Generally, a compound statement is a combination of two or more simple statements. The simple statements can be converted into compound statements using multiple ways. In Mathematics, we have seen many theorem statements which are connected using the words “if” and “then”. Now, let us discuss how to find the converse of a compound statement that uses the words “if” and “then” with the help of examples.

Converse of a Statement Definition

Let P and Q be the two simple statements, and P ⇒ Q be the compound statement.

Therefore, the converse of a statement P ⇒ Q is Q ⇒ P.

It should be observed that P ⇒ Q and Q ⇒ P are converse of each other.

In Geometry, we have come across the situations where P ⇒ Q is true, and we have to decide if the converse, i.e., Q ⇒ P, is also true.

Now, let us understand how to find the converse of a statement with the help of an example.

Given statement: If a triangle ABC is an equilateral triangle, then all its interior angles are equal.

To find the converse of a given statement, first we have to identify the statements P and Q.

The given statement is in the form P ⇒ Q. Now, we have to find Q ⇒ P.

Here, P = Triangle ABC is an equilateral triangle.

Q = Triangle ABC interior angles are equal.

Hence, the converse of a statement is “If all the interior angles of triangle ABC are equal, then it is an equilateral triangle”, which is in the form Q ⇒ P.

Converse of a Statement Examples

Go through the following examples to find the converse of a statement.

Example 1:

Find the converse of a statement: If Ashok is riding a bicycle, then 17th August falls on a Sunday.

Solution:

Given compound statement: If Ashok is riding a bicycle, then 17th August falls on a Sunday (The statement is in the form P ⇒ Q)
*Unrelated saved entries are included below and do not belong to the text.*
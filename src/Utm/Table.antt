-- ===== src/Utm/Table.antt =====
-- The table of operations of src/utm_backend.c. `ENOTSUP` is the number of that error.
use qemu_snapshot_web_manage.Prelude.{ℕ, Bool, true, false, Option, none, some, Bytes}
use qemu_snapshot_web_manage.Prelude.Int.{ℤ, neg_ℕ}
use qemu_snapshot_web_manage.Snapshot.{Node, SnapType}
use qemu_snapshot_web_manage.Backend.{SharedFolder, VmBackend, Call}
use qemu_snapshot_web_manage.Utm.{
  System, utm_list_vms, utm_vm_start, utm_vm_stop, utm_vm_pause, utm_vm_force_stop, utm_vm_resume,
}
use qemu_snapshot_web_manage.Utm.Folders.{utm_list_shared_folders}

module _ {W : Type 0} where
  unfoldable pub utm_list_snapshots : Bytes → Call W (Option (Option Node))
  utm_list_snapshots vm_name w = (none, w)

  unfoldable pub utm_create_snapshot : Bytes → Bytes → Bytes → SnapType → Call W Bool
  utm_create_snapshot vm_name snap_name description type w = (false, w)

  unfoldable pub utm_delete_snapshot : Bytes → Bytes → Bool → Call W Bool
  utm_delete_snapshot vm_name snap_name auto_merge w = (false, w)

  unfoldable pub utm_revert_snapshot : Bytes → Bytes → Call W Bool
  utm_revert_snapshot vm_name snap_name w = (false, w)

  unfoldable pub utm_merge_snapshot : Bytes → Bytes → Call W Bool
  utm_merge_snapshot vm_name snap_name w = (false, w)

  unfoldable pub utm_add_shared_folder : ℕ → Bytes → Bytes → Bytes → Bool → Bytes → Call W ℤ
  utm_add_shared_folder enotsup vm_name source_dir mount_tag read_only fs_type w =
      (neg_ℕ enotsup, w)

  unfoldable pub utm_remove_shared_folder : Bytes → Bytes → Call W Bool
  utm_remove_shared_folder vm_name mount_tag w = (false, w)

  -- The entries that the initialiser leaves out are `NULL`.
  unfoldable pub utm_be : System W → (ℕ → SharedFolder) → ℕ → VmBackend W
  utm_be sys left enotsup = record {
    list_vms = utm_list_vms sys;
    vm_start = utm_vm_start sys;
    vm_stop = utm_vm_stop sys;
    vm_force_stop = some (utm_vm_force_stop sys);
    vm_pause = utm_vm_pause sys;
    vm_resume = some (utm_vm_resume sys);
    list_snapshots = utm_list_snapshots;
    create_snapshot = utm_create_snapshot;
    delete_snapshot = utm_delete_snapshot;
    revert_snapshot = utm_revert_snapshot;
    merge_snapshot = utm_merge_snapshot;
    list_shared_folders = utm_list_shared_folders sys left;
    add_shared_folder = utm_add_shared_folder enotsup;
    remove_shared_folder = utm_remove_shared_folder;
    mount_shared_folder = none;
    unmount_shared_folder = none;
    check_mount_status = none;
    check_automount_status = none;
    setup_automount = none;
    detect_guest_os = none;
  }

  -- Only a build for macOS has the backend.
  unfoldable pub utm_backend_get : Bool → System W → (ℕ → SharedFolder) → ℕ → Option (VmBackend W)
  utm_backend_get true sys left enotsup = some (utm_be sys left enotsup)
  utm_backend_get false sys left enotsup = none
Here, P = Ashok is riding a bicycle

Q = 17th August falls on a Sunday.

Hence, the converse of a statement, Q ⇒ P is “If 17 August falls on a Sunday, then Ashok is riding a bicycle”.

Example 2:

Determine the converse of a statement: If the decimal expansion of a real number is terminating, then the number is rational.

Solution:

Given compound statement ( P ⇒ Q): If the decimal expansion of a real number is terminating, then the number is rational.

Here,

P = The decimal expansion of a real number is terminating.

Q = The real number is rational.

Hence, the converse of a statement (Q ⇒ P) is “If a real number is rational, then its decimal expansion is terminating”.

Example 3:

State the converse of a statement: “If n is an even integer, then 2n+1 is an odd integer”.

Solution:

Given: P ⇒ Q is “If n is an even integer, then 2n+1 is an odd integer”.

Here,

P = n is an even integer.

Q = 2n+1 is an odd integer.

Therefore, the converse of a statement (i.e) Q ⇒ P is “If 2n+1 is an odd integer, then n is an even integer”.

Practice Problems on the Converse of a Statement

Find the converse of the following statements:

  1. If the water tank is black, then it contains potable water.
  2. If two triangles are congruent, then their corresponding angles are equal.
  3. If an animal is a dog, then it has a tail.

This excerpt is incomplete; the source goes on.